> **Problem**
Lines from the beginning of the data through the line containing "text textarea email" are to be copied exactly, with no other line included.

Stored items
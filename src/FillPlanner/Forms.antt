-- ===== src/FillPlanner/Forms.antt =====
-- packages/fill-planner/src/forms.ts: fields, question keys, sensitivity and the fingerprint material.
use octopus_job_search.Base.{ℕ, Bool, true, false, ◌&&◌, ◌||◌, List, [], ◌∷◌, ◌++◌, map}
use octopus_job_search.Base.Tests.{◌==◌, leb, if◌then◌else◌}
use octopus_job_search.Base.Lists.{take, any}
use octopus_job_search.Base.Text.{Text, codes, text_lt, trim, includes, join}
use octopus_job_search.Base.Sort.{sort}

pub data FieldKind : Type 0 where
  text textarea email tel url number select radio checkbox file unsupported : FieldKind
  -- What `INPUT_KINDS['constructor']` and `INPUT_KINDS['__proto__']` are: inherited, and no kinds.
  object_constructor object_prototype : FieldKind

-- CHOICE_KINDS.
abbrev pub is_choice : FieldKind → Bool
is_choice select = true
is_choice radio = true
is_choice checkbox = true
is_choice _ = false

-- FREE_TEXT_KINDS.
abbrev pub is_free_text : FieldKind → Bool
is_free_text text = true
is_free_text textarea = true
is_free_text email = true
is_free_text tel = true
is_free_text url = true
is_free_text number = true
is_free_text _ = false

unfoldable pub kind_name : FieldKind → Text
kind_name text = codes "text"
kind_name textarea = codes "textarea"
kind_name email = codes "email"
kind_name tel = codes "tel"
kind_name url = codes "url"
kind_name number = codes "number"
kind_name select = codes "select"
kind_name radio = codes "radio"
kind_name checkbox = codes "checkbox"
kind_name file = codes "file"
kind_name unsupported = codes "unsupported"
kind_name object_constructor = codes "function Object() { [native code] }"
kind_name object_prototype = codes "[object Object]"

unfoldable pub never_reuse_label_fragments : List Text
never_reuse_label_fragments =
    codes "gender"
    ∷ codes "race"
    ∷ codes "ethnic"
    ∷ codes "hispanic"
    ∷ codes "latino"
    ∷ codes "veteran"
    ∷ codes "disability"
    ∷ codes "disabled"
    ∷ codes "sexual orientation"
    ∷ codes "date of birth"
    ∷ codes "birth date"
    ∷ codes "social security"
    ∷ codes "ssn"
    ∷ codes "national id"
    ∷ codes "identity verification"
    ∷ codes "passport number"
    ∷ codes "driver's license"
    ∷ codes "assessment"
    ∷ codes "personality"
    ∷ codes "criminal"
    ∷ codes "background check"
    ∷ codes "medical"
    ∷ codes "pregnan"
    ∷ codes "religio"
    ∷ codes "pronoun"
    ∷ codes "age range"
    ∷ codes "self-identif"
    ∷ []

unfoldable pub sensitive_label_fragments : List Text
sensitive_label_fragments =
    codes "phone"
    ∷ codes "address"
    ∷ codes "salary"
    ∷ codes "compensation"
    ∷ codes "visa"
    ∷ codes "sponsor"
    ∷ codes "work authorization"
    ∷ codes "right to work"
    ∷ codes "notice period"
    ∷ []

pub data AnswerSensitivity : Type 0 where
  standard sensitive never_reuse : AnswerSensitivity

abbrev pub max_question_key_length : ℕ
max_question_key_length = 120

abbrev pub is_key_char : ℕ → Bool
is_key_char c = (leb b'a' c && leb c b'z') || (leb b'0' c && leb c b'9')

-- `.replace(/[^a-z0-9]+/g, '_')`: each run of other characters becomes one underscore. The flag says
-- that the previous character was such a one.
unfoldable pub collapse : Bool → Text → Text
collapse in_run [] = []
collapse in_run (c ∷ s) =
    let plain = c ∷ collapse false s in
    let fresh = b'_' ∷ collapse true s in
    let more = collapse true s in if is_key_char c then plain else (if in_run then more else fresh)

-- `.replace(/^_+/, '')`.
unfoldable pub strip_start : Text → Text
strip_start [] = []
strip_start (c ∷ s) = let rest = strip_start s in if c == b'_' then rest else c ∷ s

-- `.replace(/_+$/, '')`.
unfoldable pub strip_end : Text → Text
strip_end [] = []
strip_end (c ∷ s) = elim (strip_end s) [
  | [] ↦ if c == b'_' then [] else c ∷ []
  | d ∷ rest ↦ c ∷ d ∷ rest
]

unfoldable pub normalize_question_key : (Text → Text) → Text → Text
normalize_question_key lower label =
    take max_question_key_length (strip_end (strip_start (collapse false (lower (trim label)))))

unfoldable pub sensitivity_for : (Text → Text) → Text → AnswerSensitivity
sensitivity_for lower label =
    if any (λ fragment. includes (lower label) fragment) never_reuse_label_fragments
    then never_reuse
    else if any (λ fragment. includes (lower label) fragment) sensitive_label_fragments
    then sensitive
    else standard

pub record FormField : Type 0 where
  pub key : Text
  pub label : Text
  pub kind : FieldKind
  pub required : Bool
  pub options : List Text
  pub option_values : List Text
  pub selector : Text

-- `key:kind:required:options` of one field, its options sorted.
unfoldable pub field_material : FormField → Text
field_material item =
    item.key
    ++ (codes ":"
        ++ (kind_name item.kind
            ++ (codes ":"
                ++ ((if item.required then codes "1" else codes "0")
                    ++ (codes ":" ++ join (codes "|") (sort text_lt item.options))))))

-- `left.key < right.key`.
unfoldable pub key_lt : FormField → FormField → Bool
key_lt left right = text_lt left.key right.key

unfoldable pub fingerprint_material : List FormField → Text
fingerprint_material fields = join (codes "\n") (map field_material (sort key_lt fields))

-- `v1:` and 32 characters of the digest, which is given.
unfoldable pub fingerprint : (Text → Text) → List FormField → Text
fingerprint sha256_hex fields = codes "v1:" ++ take 32 (sha256_hex (fingerprint_material fields))
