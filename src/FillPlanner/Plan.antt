-- ===== src/FillPlanner/Plan.antt =====
-- packages/fill-planner/src/plan.ts: what to type, and what to refuse to type.
use octopus_job_search.Base.{Bool, true, false, not, ◌||◌, Option, none, some, List, [], ◌∷◌, ◌++◌}
use octopus_job_search.Base.Tests.{◌==◌, if◌then◌else◌}
use octopus_job_search.Base.Lists.{length, any}
use octopus_job_search.Base.Text.{Text, codes, text_eq, trim, join, is_blank}
use octopus_job_search.FillPlanner.Forms.{
  FieldKind, FormField, file, unsupported, is_choice, is_free_text, sensitivity_for, never_reuse,
  AnswerSensitivity,
}

-- A JSON number is given by the text that `String()` makes of it.
pub data AnswerValue : Type 0 where
  string : Text → AnswerValue
  numeral : Text → AnswerValue
  boolean : Bool → AnswerValue
  strings : List Text → AnswerValue

-- A packet's answer, as a fill client receives it.
pub record FillField : Type 0 where
  pub question_key : Text
  pub label : Option Text
  pub answer : AnswerValue
  pub required : Bool
  pub sensitivity : AnswerSensitivity

pub data UnresolvedReason : Type 0 where
  no_answer new_question unsupported_widget needs_exact_mapping : UnresolvedReason
  never_inferable file_upload_blocked : UnresolvedReason

pub record UnresolvedField : Type 0 where
  pub question_key : Text
  pub label : Option Text
  pub required : Bool
  pub reason : UnresolvedReason
  pub options : List Text

pub record PlannedValue : Type 0 where
  pub field : FormField
  pub values : List Text
  pub upload : Bool

pub record FillPlan : Type 0 where
  pub values : List PlannedValue
  pub unresolved : List UnresolvedField

unfoldable pub has_unresolved_required : FillPlan → Bool
has_unresolved_required plan = any (λ item. item.required) plan.unresolved

unfoldable pub as_strings : AnswerValue → List Text
as_strings (boolean true) = codes "yes" ∷ []
as_strings (boolean false) = codes "no" ∷ []
as_strings (strings items) = items
as_strings (numeral n) = n ∷ []
as_strings (string s) = s ∷ []

-- The last answer with the key: `new Map(…)` keeps the last of two entries.
unfoldable pub answer_for : Text → List FillField → Option FillField
answer_for key [] = none
answer_for key (a ∷ rest) = elim (answer_for key rest) [
  | some later ↦ some later
  | none ↦ if text_eq a.question_key key then some a else none
]

abbrev pub unresolved_as : FormField → UnresolvedReason → UnresolvedField
unresolved_as field reason = record {
  question_key = field.key;
  label = some field.label;
  required = field.required;
  reason = reason;
  options = field.options;
}

abbrev pub label_or_null : Text → Option Text
label_or_null label = if is_blank label then none else some label

abbrev pub unnamed_field : FormField → UnresolvedField
unnamed_field field = record {
  question_key = codes "unnamed_field";
  label = label_or_null field.label;
  required = field.required;
  reason = unsupported_widget;
  options = field.options;
}

-- Where one field of the form goes.
pub data Outcome : Type 0 where
  typed : PlannedValue → Outcome
  left_open : UnresolvedField → Outcome

abbrev pub is_file : FieldKind → Bool
is_file file = true
is_file _ = false

abbrev pub is_unsupported : FieldKind → Bool
is_unsupported unsupported = true
is_unsupported _ = false

abbrev pub is_never_reuse : AnswerSensitivity → Bool
is_never_reuse never_reuse = true
is_never_reuse _ = false

unfoldable pub plan_text : FormField → List Text → Outcome
plan_text field rendered =
    let text : Text = trim (join (codes ", ") rendered) in
    if is_blank text
    then left_open (unresolved_as field no_answer)
    else typed (record { field = field; values = text ∷ []; upload = false })

unfoldable pub plan_upload : FormField → Bool → Outcome
plan_upload field true = typed (record { field = field; values = []; upload = true })
plan_upload field false = left_open (unresolved_as field file_upload_blocked)

abbrev pub push_outcome : Outcome → FillPlan → FillPlan
push_outcome (typed v) plan = record plan { values = plan.values ++ v ∷ [] }
push_outcome (left_open u) plan = record plan { unresolved = plan.unresolved ++ u ∷ [] }

abbrev pub cons_some : Option Text → List Text → List Text
cons_some none rest = rest
cons_some (some option) rest = option ∷ rest

module _ (lower : Text → Text) where
  -- `trim().toLowerCase()`, the form in which options and answers are compared.
  abbrev pub folded : Text → Text
  folded t = lower (trim t)

  unfoldable pub match_option : Text → List Text → Option Text
  match_option value [] = none
  match_option value (option ∷ options) =
      if text_eq (folded option) (folded value) then some option else match_option value options

  -- The matched options, those that match none left out.
  unfoldable pub matched_options : List Text → List Text → List Text
  matched_options options [] = []
  matched_options options (value ∷ values) =
      cons_some (match_option value options) (matched_options options values)

  unfoldable pub plan_choice : FormField → List Text → Outcome
  unfolding matched_options
  plan_choice field rendered =
      let matched : List Text = matched_options field.options rendered in
      if not (length matched == length rendered) || length matched == 0
      then left_open (unresolved_as field needs_exact_mapping)
      else typed (record { field = field; values = matched; upload = false })

  unfoldable pub plan_answered : FormField → FillField → Outcome
  plan_answered field answer =
      if is_choice field.kind
      then plan_choice field (as_strings answer.answer)
      else if is_free_text field.kind
      then plan_text field (as_strings answer.answer)
      else left_open (unresolved_as field unsupported_widget)

  unfoldable pub plan_question : FormField → Option FillField → Outcome
  plan_question field none = left_open (unresolved_as field new_question)
  plan_question field (some answer) = plan_answered field answer

  -- The body of the loop of `buildPlan`.
  unfoldable pub plan_field : List FillField → Bool → FormField → Outcome
  plan_field answers has_attachment field =
      if is_blank field.key
      then left_open (unnamed_field field)
      else if is_unsupported field.kind
      then left_open (unresolved_as field unsupported_widget)
      else if is_file field.kind
      then plan_upload field has_attachment
      else if is_never_reuse (sensitivity_for lower field.label)
      then left_open (unresolved_as field never_inferable)
      else plan_question field (answer_for field.key answers)

  unfoldable pub plan_from : List FillField → Bool → List FormField → FillPlan → FillPlan
  plan_from answers has_attachment [] plan = plan
  plan_from answers has_attachment (field ∷ fields) plan =
      plan_from answers has_attachment fields
        (push_outcome (plan_field answers has_attachment field) plan)

  unfoldable pub build_plan : List FormField → List FillField → Bool → FillPlan
  unfolding plan_from
  build_plan fields answers has_attachment =
      plan_from answers has_attachment fields (record { values = []; unresolved = [] })
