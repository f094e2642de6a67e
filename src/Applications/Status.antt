-- ===== src/Applications/Status.antt =====
-- packages/contracts/src/schemas/applications.ts: the statuses and the transitions between them.
use octopus_job_search.Base.{Bool, true, false, ◌||◌, List, [], ◌∷◌}
use octopus_job_search.Base.Lists.{any}

pub data ApplicationStatus : Type 0 where
  draft preparing needs_input ready_for_review approved filling : ApplicationStatus
  awaiting_user_submit submitted outcome_unknown failed cancelled : ApplicationStatus
  interview rejected offer withdrawn : ApplicationStatus

unfoldable pub ApplicationStatus-discrete : Discrete ApplicationStatus
ApplicationStatus-discrete = hlevel

-- `===` on two statuses.
unfoldable pub same_status : ApplicationStatus → ApplicationStatus → Bool
unfolding ApplicationStatus-discrete
same_status a b = elim (ApplicationStatus-discrete a b) [ yes e ↦ true | no n ↦ false ]

-- APPLICATION_TRANSITIONS.
unfoldable pub application_transitions : ApplicationStatus → List ApplicationStatus
application_transitions draft = preparing ∷ submitted ∷ cancelled ∷ []
application_transitions preparing = needs_input ∷ ready_for_review ∷ failed ∷ cancelled ∷ []
application_transitions needs_input = preparing ∷ submitted ∷ cancelled ∷ []
application_transitions ready_for_review = approved ∷ preparing ∷ cancelled ∷ []
application_transitions approved =
    filling ∷ preparing ∷ ready_for_review ∷ submitted ∷ cancelled ∷ []
application_transitions filling =
    awaiting_user_submit ∷ needs_input ∷ approved ∷ failed ∷ preparing ∷ cancelled ∷ []
application_transitions awaiting_user_submit = submitted ∷ outcome_unknown ∷ failed ∷ cancelled ∷ []
application_transitions submitted = interview ∷ rejected ∷ offer ∷ withdrawn ∷ outcome_unknown ∷ []
application_transitions outcome_unknown = submitted ∷ preparing ∷ []
application_transitions failed = preparing ∷ cancelled ∷ []
application_transitions cancelled = []
application_transitions interview = rejected ∷ offer ∷ withdrawn ∷ []
application_transitions rejected = []
application_transitions offer = []
application_transitions withdrawn = []

-- TERMINAL_APPLICATION_STATUSES.
unfoldable pub is_terminal_status : ApplicationStatus → Bool
is_terminal_status cancelled = true
is_terminal_status rejected = true
is_terminal_status offer = true
is_terminal_status withdrawn = true
is_terminal_status _ = false

-- `isAllowedApplicationTransition`.
unfoldable pub is_allowed : ApplicationStatus → ApplicationStatus → Bool
unfolding same_status application_transitions
is_allowed from to = same_status from to || any (same_status to) (application_transitions from)
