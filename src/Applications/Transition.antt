-- ===== src/Applications/Transition.antt =====
-- apps/api/src/applications/service.ts: the one write of an application's status, and its history.
use octopus_job_search.Base.{ℕ, ◌+◌, max, Bool, ◌&&◌, Option, none, some, List, [], ◌∷◌, ◌++◌}
use octopus_job_search.Base.Tests.{◌==◌, if◌then◌else◌, or_else}
use octopus_job_search.Base.Lists.{find}
use octopus_job_search.Base.Text.{Text}
use octopus_job_search.Applications.Status.{ApplicationStatus, is_allowed}

pub record ApplicationRow : Type 0 where
  pub id : ℕ
  pub job_id : ℕ
  pub status : ApplicationStatus
  pub revision : ℕ
  pub current_packet_id : Option ℕ
  pub submission_evidence : Option Text
  pub submitted_at : Option ℕ
  pub observed_form_fingerprint : Option Text
  pub form_observed_at : Option ℕ
  pub updated_at : ℕ

pub data ApplicationActor : Type 0 where
  user system runner : ApplicationActor

-- A row of the history. `event_data` is the JSON text of `data`, apart from `path`.
pub record ApplicationEvent : Type 0 where
  pub application_id : ℕ
  pub sequence : ℕ
  pub type : Text
  pub actor : ApplicationActor
  pub status_before : Option ApplicationStatus
  pub status_after : Option ApplicationStatus
  pub reason : Option Text
  pub event_data : Text
  pub path : List ApplicationStatus

pub record EventInput : Type 0 where
  pub type : Text
  pub actor : ApplicationActor
  pub status_before : Option ApplicationStatus
  pub status_after : Option ApplicationStatus
  pub reason : Option Text
  pub event_data : Text

-- An option that is absent leaves its column as it is; one that is null clears it.
pub record TransitionOptions : Type 0 where
  pub submitted_at : Option (Option ℕ)
  pub evidence : Option (Option Text)
  pub current_packet_id : Option (Option ℕ)

pub record Store : Type 0 where
  pub applications : List ApplicationRow
  pub events : List ApplicationEvent

-- The two conflicts that `transitionApplication` throws.
pub data Conflict : Type 0 where
  cannot_move : (from to : ApplicationStatus) → Conflict
  changed_meanwhile : Conflict

pub data Outcome {ℓ} (A : Type ℓ) : Type ℓ where
  done : A → Outcome A
  refused : Conflict → Outcome A

-- The loop over the path: where it ends, or the hop that is not allowed.
unfoldable pub walk : ApplicationStatus → List ApplicationStatus → Outcome ApplicationStatus
walk cursor [] = done cursor
walk cursor (next ∷ path) =
    let rest = walk next path in
    if is_allowed cursor next then rest else refused (cannot_move cursor next)

-- `coalesce(max(sequence), 0)` over the application's events.
unfoldable pub last_sequence : ℕ → List ApplicationEvent → ℕ
last_sequence id [] = 0
last_sequence id (e ∷ es) =
    let rest = last_sequence id es in if e.application_id == id then max e.sequence rest else rest

unfoldable pub append_application_event :
    ℕ → EventInput → List ApplicationStatus → List ApplicationEvent → List ApplicationEvent
unfolding last_sequence
append_application_event id event path events =
    events
    ++ record {
      application_id = id;
      sequence = last_sequence id events + 1;
      type = event.type;
      actor = event.actor;
      status_before = event.status_before;
      status_after = event.status_after;
      reason = event.reason;
      event_data = event.event_data;
      path = path;
    }
      ∷ []

-- The columns that the update sets.
abbrev pub patched :
    ℕ → ApplicationRow → ApplicationStatus → TransitionOptions → ApplicationRow → ApplicationRow
patched now application status options row = record row {
  status = status;
  revision = application.revision + 1;
  updated_at = now;
  submitted_at = or_else options.submitted_at row.submitted_at;
  submission_evidence = or_else options.evidence row.submission_evidence;
  current_packet_id = or_else options.current_packet_id row.current_packet_id;
}

-- The row that is still as it was read.
abbrev pub is_read_row : ApplicationRow → ApplicationRow → Bool
is_read_row application row = (row.id == application.id) && (row.revision == application.revision)

unfoldable pub update_application :
    ApplicationRow → (ApplicationRow → ApplicationRow) → List ApplicationRow → List ApplicationRow
update_application application f [] = []
update_application application f (r ∷ rs) =
    (if is_read_row application r then f r else r) ∷ update_application application f rs

-- `data.path`, for a path of several hops.
abbrev pub path_data : ApplicationStatus → List ApplicationStatus → List ApplicationStatus
path_data from [] = []
path_data from (a ∷ []) = []
path_data from (a ∷ b ∷ path) = from ∷ a ∷ b ∷ path

abbrev pub or_some : Option ApplicationStatus → ApplicationStatus → Option ApplicationStatus
or_some none s = some s
or_some (some a) s = some a

-- The update and the event, once the path is allowed.
unfoldable pub write_transition :
    ℕ
    → Store
    → ApplicationRow
    → List ApplicationStatus
    → ApplicationStatus
    → EventInput
    → TransitionOptions
    → Outcome (ApplicationRow × Store)
unfolding update_application append_application_event
write_transition now s application path cursor event options =
    elim (find (is_read_row application) s.applications) [
      | none ↦ refused changed_meanwhile
      | some row ↦ done (
        patched now application cursor options row,
        record {
          applications =
              update_application application (patched now application cursor options)
                s.applications;
          events =
              append_application_event application.id
                (record event {
                  status_before = or_some event.status_before application.status;
                  status_after = or_some event.status_after cursor;
                })
                (path_data application.status path) s.events;
        },
      )
    ]

unfoldable pub transition_application :
    ℕ
    → Store
    → ApplicationRow
    → List ApplicationStatus
    → EventInput
    → TransitionOptions
    → Outcome (ApplicationRow × Store)
unfolding walk
transition_application now s application path event options = elim (walk application.status path) [
  | refused c ↦ refused c
  | done cursor ↦ write_transition now s application path cursor event options
]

> **Problem solution**
filename src/FillPlanner/Forms.antt
-- ===== src/FillPlanner/Forms.antt =====
-- packages/fill-planner/src/forms.ts: fields, question keys, sensitivity and the fingerprint material.
use octopus_job_search.Base.{ℕ, Bool, true, false, ◌&&◌, ◌||◌, List, [], ◌∷◌, ◌++◌, map}
use octopus_job_search.Base.Tests.{◌==◌, leb, if◌then◌else◌}
use octopus_job_search.Base.Lists.{take, any}
use octopus_job_search.Base.Text.{Text, codes, text_lt, trim, includes, join}
use octopus_job_search.Base.Sort.{sort}

pub data FieldKind : Type 0 where
  text textarea email tel url number select radio checkbox file unsupported : FieldKind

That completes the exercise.